Modeling group heterogeneity in spatio-temporal data via physics-informed semiparametric regression
Marco F. De Sanctis, Eleonora Arnone, Francesca Ieva, Laura M. Sangalli
TL;DR
This work addresses spatio-temporal data with grouping structures by introducing a physics-informed semiparametric mixed effects model that combines fixed covariates $Xβ$, a shared nonparametric field $f$ regularized through a space–time PDE operator $oldsymbol{L}$, and group-specific random effects with covariance $Σ_b$. Estimation proceeds via a two-step FPIRLS algorithm, with an EM step to update the random-effects covariance, and discretization via finite elements in space and cubic B-splines in time.
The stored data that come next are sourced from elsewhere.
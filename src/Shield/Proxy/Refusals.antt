-- ===== src/Shield/Proxy/Refusals.antt =====
-- proxy.rs: which calls of tools reach the server, and which are answered in its place.
use project_black_monolith.Prelude.{
  ◌≡◌, refl, ◌⊎◌, inl, inr, true, false, Option, none, some, List, Bool-cases,
}
use project_black_monolith.Text.{Text, codes, any}
use project_black_monolith.Map.{TextSet, unwrap_or}
use project_black_monolith.Json.{Json, null, Members, find_member, as_str}
use project_black_monolith.Boundary.Broker.{Moment}
use project_black_monolith.Shield.JsonRpc.{JsonRpcMessage}
use project_black_monolith.Shield.Sanitizer.Scan.{ScanResult}
use project_black_monolith.Shield.Sanitizer.Arguments.{scan_tool_arguments}
use project_black_monolith.Shield.SecretTools.Controller.{Controller}
use project_black_monolith.Shield.Proxy.{enforce}
use project_black_monolith.Shield.Proxy.Gate.{
  GateEvent, is_blocking, is_tools_call, params_object, judge_scan, inspect_params,
  inspect_outbound_tool_call, is_session_revoked, configured_session_id, refuse_session,
  revoked_session, inspect_revoked_session_tool_call,
}
use project_black_monolith.Shield.Proxy.AgentSide.{
  AgentState, ProxyContext, forwarded, interception, scan_or_forward, checked_step,
  intercepted_step, agent_step,
}

-- A call of one of the secret boundary's tools is answered alike whatever sessions are revoked: the
-- check of revoked sessions comes after the boundary has answered.
pub agent_step-revoked_blind :
    (ctx : ProxyContext) (s : AgentState) (msg : JsonRpcMessage) (revoked revoked' : TextSet)
    (moment : Moment) (c : Controller)
    → interception (ctx.boundary) msg ≡ some c
    → agent_step ctx s msg revoked moment ≡ agent_step ctx s msg revoked' moment
unfolding agent_step intercepted_step
agent_step-revoked_blind ctx s msg revoked revoked' moment c caught = rw caught refl

-- What the arguments of a call are scanned for
abbrev pub flagged : (Text → Text) → Members → ScanResult
flagged lowercase params =
    scan_tool_arguments lowercase (unwrap_or (find_member (codes "arguments") params) null)

-- A scan that is not clean has findings.
judge_scan-forwards :
    (lowercase : Text → Text) (id : Json) (name : Text) (scan : ScanResult)
    → (judge_scan lowercase enforce id name scan).0 ≡ none
    → (scan.clean ≡ true) ⊎ (any is_blocking scan.findings ≡ false)
unfolding judge_scan
judge_scan-forwards lowercase id name scan h = elim (Bool-cases scan.clean) [
  | inl clean ↦ inl clean
  | inr dirty ↦ elim (Bool-cases (any is_blocking scan.findings)) [
    | inl blocking ↦ let responds = rw (dirty, blocking, judge_scan) at h in cc responds
    | inr harmless ↦ inr harmless
  ]
]

scan_or_forward-none :
    (ctx : ProxyContext) (s s2 : AgentState) (events events2 : List GateEvent)
    (msg : JsonRpcMessage) (r : Option Json × List GateEvent)
    → scan_or_forward ctx s events msg r ≡ (s2, forwarded events2)
    → r.0 ≡ none
unfolding scan_or_forward
scan_or_forward-none ctx s s2 events events2 msg (some response, found) h = cc
scan_or_forward-none ctx s s2 events events2 msg (none, found) h = refl

checked_step-none :
    (ctx : ProxyContext) (s s2 : AgentState) (events : List GateEvent) (msg : JsonRpcMessage)
    (r : Option Json × TextSet × List GateEvent)
    → checked_step ctx s msg r ≡ (s2, forwarded events)
    → (r.0 ≡ none) × ((inspect_outbound_tool_call ctx.lowercase msg ctx.mode).0 ≡ none)
unfolding checked_step
checked_step-none ctx s s2 events msg (some response, reported, found) h = cc
checked_step-none ctx s s2 events msg (none, reported, found) h = (
  refl,
  scan_or_forward-none ctx (record s { reported = reported }) s2 found events msg
      (inspect_outbound_tool_call ctx.lowercase msg ctx.mode) h,
)

intercepted_step-none :
    (ctx : ProxyContext) (s s2 : AgentState) (events : List GateEvent) (msg : JsonRpcMessage)
    (revoked : TextSet) (moment : Moment) (caught : Option Controller)
    → intercepted_step ctx s msg revoked moment caught ≡ (s2, forwarded events)
    → (caught ≡ none)
      × ((inspect_revoked_session_tool_call msg ctx.mode ctx.session_env revoked s.reported).0
          ≡ none)
      × ((inspect_outbound_tool_call ctx.lowercase msg ctx.mode).0 ≡ none)
unfolding intercepted_step
intercepted_step-none ctx s s2 events msg revoked moment (some c) h = cc
intercepted_step-none ctx s s2 events msg revoked moment none h =
    let both =
      checked_step-none ctx s s2 events msg
        (inspect_revoked_session_tool_call msg ctx.mode ctx.session_env revoked s.reported) h in
    (refl, both.0, both.1)

revoked_session-none :
    (msg : JsonRpcMessage) (revoked reported : TextSet) (session : Option Text) (id : Text)
    → (revoked_session enforce msg revoked reported session).0 ≡ none
    → session ≡ some id
    → is_session_revoked revoked id ≡ false
unfolding revoked_session refuse_session
revoked_session-none msg revoked reported none id h e = cc
revoked_session-none msg revoked reported (some known) id h e =
    let same : known ≡ id = cc e in
    elim (Bool-cases (is_session_revoked revoked id)) [
      | inr allowed ↦ allowed
      | inl refused ↦
          let known_refused : is_session_revoked revoked known ≡ true = rw same refused in
          let responds = rw (known_refused, revoked_session) at h in cc responds
    ]

inspect_params-none :
    (lowercase : Text → Text) (id : Json) (found : Option Members) (params : Members)
    → (inspect_params lowercase enforce id found).0 ≡ none
    → found ≡ some params
    → ((flagged lowercase params).clean ≡ true)
      ⊎ (any is_blocking ((flagged lowercase params).findings) ≡ false)
unfolding inspect_params
inspect_params-none lowercase id none params h e = cc
inspect_params-none lowercase id (some known) params h e =
    let same : known ≡ params = cc e in
    rw (← same) (
      judge_scan-forwards lowercase id
        (unwrap_or (as_str (find_member (codes "name") known)) (codes "<unnamed>"))
        (flagged lowercase known) h)

-- In enforce mode, a call of a tool that is forwarded to the server is no call of a secret tool, its
-- session is not revoked, and its arguments have no finding of a family that blocks.
pub agent_step-forwarded :
    (ctx : ProxyContext) (s s2 : AgentState) (msg : JsonRpcMessage) (revoked : TextSet)
    (moment : Moment) (events : List GateEvent)
    → ctx.mode ≡ enforce
    → is_tools_call msg ≡ true
    → agent_step ctx s msg revoked moment ≡ (s2, forwarded events)
    → (interception (ctx.boundary) msg ≡ none)
      × ((id : Text)
          → configured_session_id (ctx.session_env) ≡ some id
          → is_session_revoked revoked id ≡ false)
      × ((params : Members)
          → params_object (msg.params) ≡ some params
          → ((flagged ctx.lowercase params).clean ≡ true)
            ⊎ (any is_blocking ((flagged ctx.lowercase params).findings) ≡ false))
unfolding agent_step inspect_revoked_session_tool_call inspect_outbound_tool_call
agent_step-forwarded ctx s s2 msg revoked moment events enforced call h =
    let (caught, session, arguments) =
      intercepted_step-none ctx s s2 events msg revoked moment (interception (ctx.boundary) msg)
        h in
    (
      caught,
      λ id e.
          revoked_session-none msg revoked (s.reported) (configured_session_id (ctx.session_env)) id
            (rw (enforced, call, inspect_revoked_session_tool_call) at session) e,
      λ params e.
          inspect_params-none (ctx.lowercase) (unwrap_or (msg.id) null) (params_object (msg.params))
            params (rw (enforced, call, inspect_outbound_tool_call) at arguments) e,
    )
The approach is validated through simulations showing improved recovery of the nonparametric field and competitive estimation of fixed and random effects, and is demonstrated on Lombardy $NO_2$ data where sensor heterogeneity and missing observations are handled by the model. The work provides asymptotic guarantees, a scalable estimation framework, and practical insights for incorporating physical dynamics and grouping structure into spatio-temporal analyses, with extensions to anisotropy and irregular domains.
Abstract
In this work we propose a novel approach for modeling spatio-temporal data characterized by group structures. In particular, we extend classical mixed effect regression models by introducing a space-time nonparametric component, regularized through a partial differential equation, to embed the physical dynamics of the underlying process, while random effects capture latent variability associated with the group structure present in the data. We propose a two-step procedure to estimate the fixed and random components of the model, relying on a functional version of the Iterative Reweighted Least Squares algorithm. We investigate the asymptotic properties of both fixed and random components, and we assess the performance of the proposed model through a simulation study, comparing it with state-of-the-art alternatives from the literature. The proposed methodology is finally applied to the study of hourly nitrogen dioxide concentration data in Lombardy (Italy), using random effects to account for measurement heterogeneity across monitoring stations equipped with different sensor technologies.